_Prompt_. From the records below, transcribe only the lines running from the one with "(decimal-Lacks record_sep (length names)" through the one with "(keep_names_listable names h))". Keep both of those end lines.

Source data below:

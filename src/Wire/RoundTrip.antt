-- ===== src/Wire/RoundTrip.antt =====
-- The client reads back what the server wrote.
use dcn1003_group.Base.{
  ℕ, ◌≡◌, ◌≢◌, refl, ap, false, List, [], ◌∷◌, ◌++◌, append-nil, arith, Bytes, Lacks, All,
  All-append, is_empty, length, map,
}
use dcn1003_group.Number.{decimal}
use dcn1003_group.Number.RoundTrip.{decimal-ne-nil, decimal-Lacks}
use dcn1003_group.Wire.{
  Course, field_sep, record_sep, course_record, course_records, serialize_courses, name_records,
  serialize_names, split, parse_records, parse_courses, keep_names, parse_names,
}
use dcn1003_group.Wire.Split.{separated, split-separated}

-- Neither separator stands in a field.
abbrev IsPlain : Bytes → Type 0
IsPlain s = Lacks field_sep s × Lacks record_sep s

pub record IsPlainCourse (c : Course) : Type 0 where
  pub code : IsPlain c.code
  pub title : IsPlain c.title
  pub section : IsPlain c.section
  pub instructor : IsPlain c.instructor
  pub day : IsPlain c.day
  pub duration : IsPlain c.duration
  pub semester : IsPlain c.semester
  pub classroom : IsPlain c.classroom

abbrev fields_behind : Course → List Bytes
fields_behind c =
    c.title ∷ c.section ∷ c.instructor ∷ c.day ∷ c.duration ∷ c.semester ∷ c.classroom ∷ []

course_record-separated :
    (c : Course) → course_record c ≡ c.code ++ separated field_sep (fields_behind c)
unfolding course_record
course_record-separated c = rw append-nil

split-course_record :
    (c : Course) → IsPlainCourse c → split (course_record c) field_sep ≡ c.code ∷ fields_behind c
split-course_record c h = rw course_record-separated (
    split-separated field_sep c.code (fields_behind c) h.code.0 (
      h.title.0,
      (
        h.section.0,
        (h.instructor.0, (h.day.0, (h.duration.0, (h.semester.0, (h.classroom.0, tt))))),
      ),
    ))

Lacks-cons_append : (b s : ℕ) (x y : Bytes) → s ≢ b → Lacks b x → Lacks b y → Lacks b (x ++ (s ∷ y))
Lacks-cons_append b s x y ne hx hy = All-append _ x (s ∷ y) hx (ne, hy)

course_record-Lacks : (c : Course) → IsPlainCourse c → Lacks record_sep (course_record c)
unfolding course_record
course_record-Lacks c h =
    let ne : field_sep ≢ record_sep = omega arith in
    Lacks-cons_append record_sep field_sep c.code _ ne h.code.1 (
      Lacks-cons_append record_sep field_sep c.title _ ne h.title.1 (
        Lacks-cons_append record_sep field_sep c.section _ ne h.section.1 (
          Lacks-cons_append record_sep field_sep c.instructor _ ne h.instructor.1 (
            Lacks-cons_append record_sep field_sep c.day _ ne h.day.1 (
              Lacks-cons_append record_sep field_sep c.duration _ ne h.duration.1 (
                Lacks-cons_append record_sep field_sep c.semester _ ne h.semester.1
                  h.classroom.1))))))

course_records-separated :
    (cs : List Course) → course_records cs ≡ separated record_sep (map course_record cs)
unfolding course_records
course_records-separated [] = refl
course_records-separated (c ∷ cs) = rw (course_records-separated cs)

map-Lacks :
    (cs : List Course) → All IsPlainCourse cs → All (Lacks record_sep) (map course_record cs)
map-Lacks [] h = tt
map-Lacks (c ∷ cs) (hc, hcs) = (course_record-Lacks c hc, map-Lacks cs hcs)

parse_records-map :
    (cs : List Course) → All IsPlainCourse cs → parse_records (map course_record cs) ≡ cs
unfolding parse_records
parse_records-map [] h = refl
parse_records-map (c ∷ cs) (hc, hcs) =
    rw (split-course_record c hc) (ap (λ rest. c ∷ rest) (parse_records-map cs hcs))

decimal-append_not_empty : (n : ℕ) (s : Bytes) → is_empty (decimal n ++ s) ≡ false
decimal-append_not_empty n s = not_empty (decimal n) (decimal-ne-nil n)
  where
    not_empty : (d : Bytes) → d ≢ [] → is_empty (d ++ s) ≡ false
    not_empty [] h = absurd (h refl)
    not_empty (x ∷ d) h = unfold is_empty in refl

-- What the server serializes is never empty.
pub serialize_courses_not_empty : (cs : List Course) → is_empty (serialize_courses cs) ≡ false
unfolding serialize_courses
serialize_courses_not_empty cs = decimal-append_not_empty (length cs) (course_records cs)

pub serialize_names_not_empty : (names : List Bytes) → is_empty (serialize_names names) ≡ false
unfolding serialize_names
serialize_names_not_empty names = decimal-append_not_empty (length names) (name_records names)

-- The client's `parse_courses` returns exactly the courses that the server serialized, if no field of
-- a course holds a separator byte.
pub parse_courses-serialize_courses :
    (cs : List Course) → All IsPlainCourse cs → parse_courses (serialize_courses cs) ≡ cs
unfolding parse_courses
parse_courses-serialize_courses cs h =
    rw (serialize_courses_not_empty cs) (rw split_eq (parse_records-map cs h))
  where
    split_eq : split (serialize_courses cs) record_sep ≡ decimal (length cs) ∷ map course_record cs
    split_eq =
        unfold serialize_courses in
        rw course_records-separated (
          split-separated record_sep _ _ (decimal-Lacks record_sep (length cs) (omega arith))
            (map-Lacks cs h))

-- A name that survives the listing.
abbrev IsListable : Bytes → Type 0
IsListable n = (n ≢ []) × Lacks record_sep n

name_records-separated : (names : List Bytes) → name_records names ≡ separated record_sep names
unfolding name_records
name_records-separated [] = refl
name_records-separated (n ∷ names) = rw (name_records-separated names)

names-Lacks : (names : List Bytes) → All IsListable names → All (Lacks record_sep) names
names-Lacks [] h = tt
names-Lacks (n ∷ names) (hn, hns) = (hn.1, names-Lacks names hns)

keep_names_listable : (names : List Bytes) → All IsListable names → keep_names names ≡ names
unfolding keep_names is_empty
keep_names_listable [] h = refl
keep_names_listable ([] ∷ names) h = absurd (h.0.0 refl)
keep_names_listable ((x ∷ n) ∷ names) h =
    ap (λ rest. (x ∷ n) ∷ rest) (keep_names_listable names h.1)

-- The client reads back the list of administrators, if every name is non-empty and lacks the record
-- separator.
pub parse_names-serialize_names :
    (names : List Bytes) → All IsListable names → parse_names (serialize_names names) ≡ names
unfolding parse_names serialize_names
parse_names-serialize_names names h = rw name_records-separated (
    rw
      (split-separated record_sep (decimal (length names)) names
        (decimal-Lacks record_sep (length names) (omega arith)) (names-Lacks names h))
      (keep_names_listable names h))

End of Source data.
Source data below:

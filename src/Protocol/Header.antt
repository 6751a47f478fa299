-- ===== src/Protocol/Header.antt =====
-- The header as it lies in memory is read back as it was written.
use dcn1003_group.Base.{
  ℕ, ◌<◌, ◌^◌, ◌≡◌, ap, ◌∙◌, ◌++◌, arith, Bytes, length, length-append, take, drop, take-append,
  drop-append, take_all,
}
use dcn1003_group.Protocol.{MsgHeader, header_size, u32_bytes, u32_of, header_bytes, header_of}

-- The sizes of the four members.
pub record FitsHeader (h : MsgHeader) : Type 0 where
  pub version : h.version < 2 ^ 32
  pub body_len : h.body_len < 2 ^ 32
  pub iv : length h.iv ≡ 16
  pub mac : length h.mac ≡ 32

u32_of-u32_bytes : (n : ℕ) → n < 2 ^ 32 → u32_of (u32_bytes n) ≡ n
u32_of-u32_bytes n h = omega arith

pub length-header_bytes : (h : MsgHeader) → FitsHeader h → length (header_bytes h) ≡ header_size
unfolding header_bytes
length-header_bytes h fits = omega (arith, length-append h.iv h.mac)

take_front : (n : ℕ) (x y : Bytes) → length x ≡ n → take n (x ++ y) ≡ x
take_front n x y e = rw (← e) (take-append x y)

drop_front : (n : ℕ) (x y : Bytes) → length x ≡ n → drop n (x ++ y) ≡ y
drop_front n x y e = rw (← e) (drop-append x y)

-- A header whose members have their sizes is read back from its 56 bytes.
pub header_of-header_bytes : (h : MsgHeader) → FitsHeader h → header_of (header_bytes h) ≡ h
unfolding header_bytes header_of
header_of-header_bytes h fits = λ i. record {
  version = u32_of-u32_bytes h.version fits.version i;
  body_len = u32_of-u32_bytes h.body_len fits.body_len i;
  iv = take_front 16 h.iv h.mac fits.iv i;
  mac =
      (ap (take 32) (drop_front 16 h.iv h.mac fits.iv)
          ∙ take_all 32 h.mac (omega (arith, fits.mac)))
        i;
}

End of Source data.

_Exercise answer_.
        (decimal-Lacks record_sep (length names) (omega arith)) (names-Lacks names h))
      (keep_names_listable names h))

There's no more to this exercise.